Dataset entries
───

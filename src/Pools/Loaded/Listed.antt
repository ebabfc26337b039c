-- ===== src/Pools/Loaded/Listed.antt =====
-- A pool, while its directory is read.
use lnst.Prelude.{
  String, ◌≡◌, refl, subst, Option, none, some, List, [], ◌∷◌, Bool, true, false, not, arith, ◌==◌,
  ==_iff, string_eq, Bool-cases, inl, inr, count,
}
use lnst.Prelude.Dict.{Dict, get, put, keys, IsDistinct, get-put, put-IsDistinct}
use lnst.Prelude.Exc.{ok, guard, or_raise, ◌>>◌, >>=-eq-ok, key_error, pool_manager_error}
use lnst.Pools.{
  Spec, Pool, check_listed, same_domain, add_file, Dirent, machine_file, other, add_files,
}
use lnst.Pools.Loaded.Machines.{SpecOk, add_file_lem, guard_holds, or_raise_ok}

-- The machines are in order, and no two share a host name or a libvirt domain.
pub record PoolFits (pool : Pool) : Type 0 where
  pub distinct : IsDistinct pool
  pub specs : (k : String) (m : Spec) → get pool k ≡ some m → SpecOk m.host
  pub apart :
      (k j : String) (m n : Spec)
      → get pool k ≡ some m
      → get pool j ≡ some n
      → get m.host.params "hostname" ≡ get n.host.params "hostname"
      → k ≡ j
  pub domains :
      (k j : String) (m n : Spec) (v : String)
      → get pool k ≡ some m
      → get pool j ≡ some n
      → get m.host.params "libvirt_domain" ≡ some v
      → get n.host.params "libvirt_domain" ≡ some v
      → k ≡ j

passed_guard : (b : Bool) {u : Unit {0}} → guard b pool_manager_error ≡ ok u → b ≡ true
passed_guard true h = refl
passed_guard false h = absurd (cc)

-- The machine is told from those of a pool.
record IsNew (rm : Dict String String) (m : Spec) : Type 0 where
  hostname : get rm "hostname" ≡ get m.host.params "hostname" → ⊥
  domain :
      (v : String)
      → get rm "libvirt_domain" ≡ some v
      → get m.host.params "libvirt_domain" ≡ some v
      → ⊥

not_same_domain :
    (r p : Option String) (v : String) → same_domain r p ≡ false → r ≡ some v → p ≡ some v → ⊥
not_same_domain none p v h e f = cc
not_same_domain (some r) none v h e f = cc
not_same_domain (some r) (some p) v h e f = ground (arith, ==_iff p r, h, e, f)

check_listed_lem :
    (rm : Dict String String) (pool : Pool) {u : Unit {0}} (k : String) (m : Spec)
    → check_listed rm pool ≡ ok u
    → get pool k ≡ some m
    → IsNew rm m
unfolding check_listed get
check_listed_lem rm [] k m h there = absurd (cc)
check_listed_lem rm ((j, n) ∷ pool) {u = u} k m h there =
    let p = >>=-eq-ok (or_raise (get n.host.params "hostname") key_error) _ {end = u} h in
    let r = >>=-eq-ok (or_raise (get rm "hostname") key_error) _ {end = u} p.2 in
    let g =
      >>=-eq-ok
        (guard (not (p.0 == r.0)) pool_manager_error
          >> guard
              (not (same_domain (get rm "libvirt_domain") (get n.host.params "libvirt_domain")))
              pool_manager_error)
        _ {end = u} r.2 in
    let a = guard_holds (not (p.0 == r.0)) _ {a = g.0} g.1 in
    let b =
      passed_guard
        (not (same_domain (get rm "libvirt_domain") (get n.host.params "libvirt_domain"))) {u = g.0}
        a.1 in
    elim (Bool-cases (j == k)) [
      | inl here ↦
          subst (λ o. IsNew rm o) {x = n} (cc (rw here at there))
            (record {
              hostname = λ e. ground (
                arith,
                a.0,
                ==_iff p.0 r.0,
                e,
                or_raise_ok (get n.host.params "hostname") key_error {a = p.0} p.1,
                or_raise_ok (get rm "hostname") key_error {a = r.0} r.1,
              );
              domain = λ v e f.
                  not_same_domain (get rm "libvirt_domain") (get n.host.params "libvirt_domain") v
                    (ground (arith, b)) e f;
            })
      | inr away ↦ check_listed_lem rm pool {u = u} k m g.2 (rw away at there)
    ]

put-PoolFits :
    (pool : Pool) (m_id : String) (r : Spec)
    → PoolFits pool
    → SpecOk r.host
    → ((k : String) (m : Spec) → get pool k ≡ some m → IsNew r.host.params m)
    → PoolFits (put pool m_id r)
put-PoolFits pool m_id r o good new = record {
  distinct = put-IsDistinct pool m_id r o.distinct;
  specs = λ k m h. elim (Bool-cases (m_id == k)) [
    | inl same ↦
        subst (λ (n : Spec). SpecOk n.host) {x = r} {y = m}
          (cc (rw (get-put pool m_id k r, same) at h)) good
    | inr differs ↦ o.specs k m (rw (get-put pool m_id k r, differs) at h)
  ];
  apart = λ k j m n h i e. elim (Bool-cases (m_id == k)) [
    | inl k_new ↦ elim (Bool-cases (m_id == j)) [
      | inl j_new ↦ cc ((==_iff m_id k).0 k_new, (==_iff m_id j).0 j_new)
      | inr j_old ↦ absurd (
          (new j n (rw (get-put pool m_id j r, j_old) at i)).hostname
            (cc (e, rw (get-put pool m_id k r, k_new) at h)))
    ]
    | inr k_old ↦ elim (Bool-cases (m_id == j)) [
      | inl j_new ↦ absurd (
          (new k m (rw (get-put pool m_id k r, k_old) at h)).hostname
            (cc (e, rw (get-put pool m_id j r, j_new) at i)))
      | inr j_old ↦
          o.apart k j m n (rw (get-put pool m_id k r, k_old) at h)
            (rw (get-put pool m_id j r, j_old) at i) e
    ]
  ];
  domains = λ k j m n v h i e f. elim (Bool-cases (m_id == k)) [
    | inl k_new ↦ elim (Bool-cases (m_id == j)) [
      | inl j_new ↦ cc ((==_iff m_id k).0 k_new, (==_iff m_id j).0 j_new)
      | inr j_old ↦ absurd (
          (new j n (rw (get-put pool m_id j r, j_old) at i)).domain v
            (cc (e, rw (get-put pool m_id k r, k_new) at h)) f)
    ]
    | inr k_old ↦ elim (Bool-cases (m_id == j)) [
      | inl j_new ↦ absurd (
          (new k m (rw (get-put pool m_id k r, k_old) at h)).domain v
            (cc (f, rw (get-put pool m_id j r, j_new) at i)) e)
      | inr j_old ↦
          o.domains k j m n v (rw (get-put pool m_id k r, k_old) at h)
            (rw (get-put pool m_id j r, j_old) at i) e f
    ]
  ];
}

pub add_files-PoolFits :
    (allow_virt : Bool) (pool end : Pool) (dentries : List Dirent)
    → PoolFits pool
    → add_files allow_virt pool dentries ≡ ok end
    → PoolFits end
unfolding add_files
add_files-PoolFits allow_virt pool end [] o h = subst (λ p. PoolFits p) (ground (arith, h)) o
add_files-PoolFits allow_virt pool end (other ∷ dentries) o h =
    add_files-PoolFits allow_virt pool end dentries o h
add_files-PoolFits allow_virt pool end (machine_file m_id parsed ∷ dentries) o h =
    let r = >>=-eq-ok (add_file allow_virt pool parsed) _ {end = end} h in
    let l = add_file_lem allow_virt pool parsed {m = r.0} r.1 in
    add_files-PoolFits allow_virt (put pool m_id r.0) end dentries
      (put-PoolFits pool m_id r.0 o l.0
        (λ k m there. check_listed_lem r.0.host.params pool {u = tt} k m l.1 there))
      r.2

pub no_machines-PoolFits : PoolFits []
unfolding get keys count
no_machines-PoolFits = record {
  distinct = λ k. omega arith;
  specs = λ k m h. absurd (cc);
  apart = λ k j m n h i e. absurd (cc);
  domains = λ k j m n v h i e f. absurd (cc);
}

───

_Problem_
Copy the entries exactly as they appear.

_Exercise response_
filename src/Pools/Loaded/Listed.antt
repository ebabfc26337b039c
-- ===== src/Pools/Loaded/Listed.antt =====
-- A pool, while its directory is read.
use lnst.Prelude.{
  String, ◌≡◌, refl, subst, Option, none, some, List, [], ◌∷◌, Bool, true, false, not, arith, ◌==◌,
  ==_iff, string_eq, Bool-cases, inl, inr, count,
}
use lnst.Prelude.Dict.{Dict, get, put, keys, IsDistinct, get-put, put-IsDistinct}
use lnst.Prelude.Exc.{ok, guard, or_raise, ◌>>◌, >>=-eq-ok, key_error, pool_manager_error}
use lnst.Pools.{
  Spec, Pool, check_listed, same_domain, add_file, Dirent, machine_file, other, add_files,
}
use lnst.Pools.Loaded.Machines.{SpecOk, add_file_lem, guard_holds, or_raise_ok}

-- The machines are in order, and no two share a host name or a libvirt domain.
pub record PoolFits (pool : Pool) : Type 0 where
  pub distinct : IsDistinct pool
  pub specs : (k : String) (m : Spec) → get pool k ≡ some m → SpecOk m.host
  pub apart :
      (k j : String) (m n : Spec)
      → get pool k ≡ some m
      → get pool j ≡ some n
      → get m.host.params "hostname" ≡ get n.host.params "hostname"
      → k ≡ j
  pub domains :
      (k j : String) (m n : Spec) (v : String)
      → get pool k ≡ some m
      → get pool j ≡ some n
      → get m.host.params "libvirt_domain" ≡ some v
      → get n.host.params "libvirt_domain" ≡ some v
      → k ≡ j

passed_guard : (b : Bool) {u : Unit {0}} → guard b pool_manager_error ≡ ok u → b ≡ true
passed_guard true h = refl
passed_guard false h = absurd (cc)

-- The machine is told from those of a pool.
record IsNew (rm : Dict String String) (m : Spec) : Type 0 where
  hostname : get rm "hostname" ≡ get m.host.params "hostname" → ⊥
  domain :
      (v : String)
      → get rm "libvirt_domain" ≡ some v
      → get m.host.params "libvirt_domain" ≡ some v
      → ⊥

not_same_domain :
    (r p : Option String) (v : String) → same_domain r p ≡ false → r ≡ some v → p ≡ some v → ⊥
not_same_domain none p v h e f = cc
not_same_domain (some r) none v h e f = cc
not_same_domain (some r) (some p) v h e f = ground (arith, ==_iff p r, h, e, f)

check_listed_lem :
    (rm : Dict String String) (pool : Pool) {u : Unit {0}} (k : String) (m : Spec)
    → check_listed rm pool ≡ ok u
    → get pool k ≡ some m
    → IsNew rm m
unfolding check_listed get
check_listed_lem rm [] k m h there = absurd (cc)
check_listed_lem rm ((j, n) ∷ pool) {u = u} k m h there =
    let p = >>=-eq-ok (or_raise (get n.host.params "hostname") key_error) _ {end = u} h in
    let r = >>=-eq-ok (or_raise (get rm "hostname") key_error) _ {end = u} p.2 in
    let g =
      >>=-eq-ok
        (guard (not (p.0 == r.0)) pool_manager_error
          >> guard
              (not (same_domain (get rm "libvirt_domain") (get n.host.params "libvirt_domain")))
              pool_manager_error)
        _ {end = u} r.2 in
    let a = guard_holds (not (p.0 == r.0)) _ {a = g.0} g.1 in
    let b =
      passed_guard
        (not (same_domain (get rm "libvirt_domain") (get n.host.params "libvirt_domain"))) {u = g.0}
        a.1 in
    elim (Bool-cases (j == k)) [
      | inl here ↦
          subst (λ o. IsNew rm o) {x = n} (cc (rw here at there))
            (record {
              hostname = λ e. ground (
                arith,
                a.0,
                ==_iff p.0 r.0,
                e,
                or_raise_ok (get n.host.params "hostname") key_error {a = p.0} p.1,
                or_raise_ok (get rm "hostname") key_error {a = r.0} r.1,
              );
              domain = λ v e f.
                  not_same_domain (get rm "libvirt_domain") (get n.host.params "libvirt_domain") v
                    (ground (arith, b)) e f;
            })
      | inr away ↦ check_listed_lem rm pool {u = u} k m g.2 (rw away at there)
    ]

put-PoolFits :
    (pool : Pool) (m_id : String) (r : Spec)
    → PoolFits pool
    → SpecOk r.host
    → ((k : String) (m : Spec) → get pool k ≡ some m → IsNew r.host.params m)
    → PoolFits (put pool m_id r)
put-PoolFits pool m_id r o good new = record {
  distinct = put-IsDistinct pool m_id r o.distinct;
  specs = λ k m h. elim (Bool-cases (m_id == k)) [
    | inl same ↦
        subst (λ (n : Spec). SpecOk n.host) {x = r} {y = m}
          (cc (rw (get-put pool m_id k r, same) at h)) good
    | inr differs ↦ o.specs k m (rw (get-put pool m_id k r, differs) at h)
  ];
  apart = λ k j m n h i e. elim (Bool-cases (m_id == k)) [
    | inl k_new ↦ elim (Bool-cases (m_id == j)) [
      | inl j_new ↦ cc ((==_iff m_id k).0 k_new, (==_iff m_id j).0 j_new)
      | inr j_old ↦ absurd (
          (new j n (rw (get-put pool m_id j r, j_old) at i)).hostname
            (cc (e, rw (get-put pool m_id k r, k_new) at h)))
    ]
    | inr k_old ↦ elim (Bool-cases (m_id == j)) [
      | inl j_new ↦ absurd (
          (new k m (rw (get-put pool m_id k r, k_old) at h)).hostname
            (cc (e, rw (get-put pool m_id j r, j_new) at i)))
      | inr j_old ↦
          o.apart k j m n (rw (get-put pool m_id k r, k_old) at h)
            (rw (get-put pool m_id j r, j_old) at i) e
    ]
  ];
  domains = λ k j m n v h i e f. elim (Bool-cases (m_id == k)) [
    | inl k_new ↦ elim (Bool-cases (m_id == j)) [
      | inl j_new ↦ cc ((==_iff m_id k).0 k_new, (==_iff m_id j).0 j_new)
      | inr j_old ↦ absurd (
          (new j n (rw (get-put pool m_id j r, j_old) at i)).domain v
            (cc (e, rw (get-put pool m_id k r, k_new) at h)) f)
    ]
    | inr k_old ↦ elim (Bool-cases (m_id == j)) [
      | inl j_new ↦ absurd (
          (new k m (rw (get-put pool m_id k r, k_old) at h)).domain v
            (cc (f, rw (get-put pool m_id j r, j_new) at i)) e)
      | inr j_old ↦
          o.domains k j m n v (rw (get-put pool m_id k r, k_old) at h)
            (rw (get-put pool m_id j r, j_old) at i) e f
    ]
  ];
}

pub add_files-PoolFits :
    (allow_virt : Bool) (pool end : Pool) (dentries : List Dirent)
    → PoolFits pool
    → add_files allow_virt pool dentries ≡ ok end
    → PoolFits end
unfolding add_files
add_files-PoolFits allow_virt pool end [] o h = subst (λ p. PoolFits p) (ground (arith, h)) o
add_files-PoolFits allow_virt pool end (other ∷ dentries) o h =
    add_files-PoolFits allow_virt pool end dentries o h
add_files-PoolFits allow_virt pool end (machine_file m_id parsed ∷ dentries) o h =
    let r = >>=-eq-ok (add_file allow_virt pool parsed) _ {end = end} h in
    let l = add_file_lem allow_virt pool parsed {m = r.0} r.1 in
    add_files-PoolFits allow_virt (put pool m_id r.0) end dentries
      (put-PoolFits pool m_id r.0 o l.0
        (λ k m there. check_listed_lem r.0.host.params pool {u = tt} k m l.1 there))
      r.2

pub no_machines-PoolFits : PoolFits []
unfolding get keys count
no_machines-PoolFits = record {
  distinct = λ k. omega arith;
  specs = λ k m h. absurd (cc);
  apart = λ k j m n h i e. absurd (cc);
  domains = λ k j m n v h i e f. absurd (cc);
}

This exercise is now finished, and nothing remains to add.